# The Last Primarch



## Rapperport (Dec 27, 2009)

I've surfed the forums a bit and not come across anything concerning this, so I appologize if it's already been discussed.

My question is who was the last Primarch to die/disappear?


----------



## forkmaster (Jan 2, 2010)

Well there are rumors some of the primarchs on the "good" side are actually alive still. On the "bad" side so far only two have died, the rest just waits inside the Eye of Terror for better times.

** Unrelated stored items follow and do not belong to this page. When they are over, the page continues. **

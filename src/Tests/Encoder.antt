-- ===== src/Tests/Encoder.antt =====
-- The theorems on the video encoder at concrete inputs.
use android_study_rtmp_avcod.Common.{
  ◌≡◌, refl, true, false, none, some, List, [], ◌∷◌, arith, fault, null_pointer, to,
}
use android_study_rtmp_avcod.Rtmp.{Packet}
use android_study_rtmp_avcod.Session.{Shared}
use android_study_rtmp_avcod.VideoEncode.{VideoEncode, Planes, planes_of, new_video_encode}
use android_study_rtmp_avcod.VideoEncode.Queueing.{Nal, locals, encode_data, destroy}
use android_study_rtmp_avcod.VideoEncode.Units.{IsUsable, queued}
use android_study_rtmp_avcod.VideoEncode.Contract.{
  Encoded, sps, pps, slice, nals_of, AllFit, heard_of,
}
use android_study_rtmp_avcod.VideoEncode.Frames.{Agrees}
use android_study_rtmp_avcod.VideoEncode.Encode.{IsOpen, encode_data-Agrees, destroy_faults}
use android_study_rtmp_avcod.AudioEncode.{calloc}
use android_study_rtmp_avcod.Tests.{zeros, zeros-Allocates, ticks, rtmp, shared}

abbrev pub recorder : VideoEncode
recorder = record new_video_encode {
  encoder = true;
  input = some (planes_of [] [] []);
  y_size = some 4;
  uv_size = some 1;
  callback = to tt;
  queue = to tt;
  rtmp = to rtmp;
}

pub recorder-IsOpen : IsOpen 4 1 recorder
recorder-IsOpen = record {
  planes = planes_of [] [] [];
  has_planes = refl;
  has_size = refl;
  has_uv = refl;
  has_encoder = refl;
}

abbrev pub units : List Encoded
units =
    sps (record { first = 0x67; profile = 66; compatibility = 0; level = 31; rest = 7 ∷ [] })
    ∷ pps (0x68 ∷ 5 ∷ [])
    ∷ slice true 5 0x65 (1 ∷ 2 ∷ [])
    ∷ slice false 1 0x41 (3 ∷ [])
    ∷ []

pub units_fit : AllFit units
units_fit = (
  omega arith,
  (
    omega arith,
    (
      (λ e. omega arith, λ e. omega arith, omega arith),
      ((λ e. omega arith, λ e. omega arith, omega arith), tt),
    ),
  ),
)

abbrev pub makes : Planes → List Nal
makes planes = nals_of units

recorder-IsUsable : IsUsable rtmp recorder shared
recorder-IsUsable = record { has_queue = refl; has_rtmp = refl; works = refl }

encode_data-Agrees_example :
    Agrees rtmp
      (record recorder { input = some (planes_of (1 ∷ 2 ∷ 3 ∷ 4 ∷ []) (5 ∷ []) (6 ∷ [])) })
      []
      (heard_of none units)
      (encode_data zeros ticks makes
        (locals (calloc 100) (calloc 100))
        (1 ∷ 2 ∷ 3 ∷ 4 ∷ 5 ∷ 6 ∷ [])
        (recorder, shared))
encode_data-Agrees_example =
    encode_data-Agrees zeros ticks zeros-Allocates makes units (1 ∷ 2 ∷ 3 ∷ 4 ∷ []) (5 ∷ [])
      (6 ∷ []) [] (calloc 100) (calloc 100) rtmp recorder shared recorder-IsOpen refl refl refl refl
      units_fit recorder-IsUsable

abbrev packet : Packet
packet = record {
  header_type = 0;
  packet_type = 9;
  has_abs_timestamp = 0;
  channel = 10;
  time_stamp = 0;
  info_field2 = 1;
  body_size = 0;
  body = [];
}

abbrev holding_one : Shared
holding_one = queued packet shared

destroy_faults_example : destroy (recorder, holding_one) ≡ fault null_pointer
destroy_faults_example = destroy_faults recorder holding_one rtmp packet [] refl refl refl refl

abbrev released_by_callback : Shared
released_by_callback = record holding_one {
  queue = record holding_one.queue { release_callback = true };
}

Here's a link on a site many questioning the credibility so its up to you what you think. I trust it however. My guesses would be it is either Dorn, Corax, Russ or Khan who were one of the Primarchs that stayed around the longest.
http://wh40k.lexicanum.com/wiki/Primarchs

*Edit*: Correction, the last seen surviving Primarch was Rogal Dorn who was killed during or right before the first Black Crusade led by the Despoiler.


----------



## Captain Stillios (Mar 8, 2009)

The Primarchs:
Loyalists
Ferrus Manus: Killed by Fulgrim on Isstavan V
Sanguinius: Killed by Horus
Vulkan: Went missing after Isstavan V
Lion: Got drunk and blew up Caliban and is now sleeping off a primarch sized hangover inside the rock just after the Heresy
Fulgrim: Possessed by Daemon on Isstavan V
Alpharius: Everywhere hes a ninja
Corax: Went missing a year or so after the Heresy
Russ: Went missing just after the Heresy
Dorn: Killed while leading a boarding party agains Chaos space marines.
Khan: Went missing battleing Dark Eldar in the Warp

Chaos
Angron: Banished by Grey knights at Armageddon for 100 years/On a Daemon world
Mortarion: On a Daemon world
Daemon Fulgrim: On a Daemon world
Magnus: On a Daemon world
Peturabo: Take a wild stab in the dark
Lorgar: Getting quite dull this isnt it?
Horus: Killed by the big E (Finally)
Night Haunter/Konrad Kurze: ASSASSINATION!!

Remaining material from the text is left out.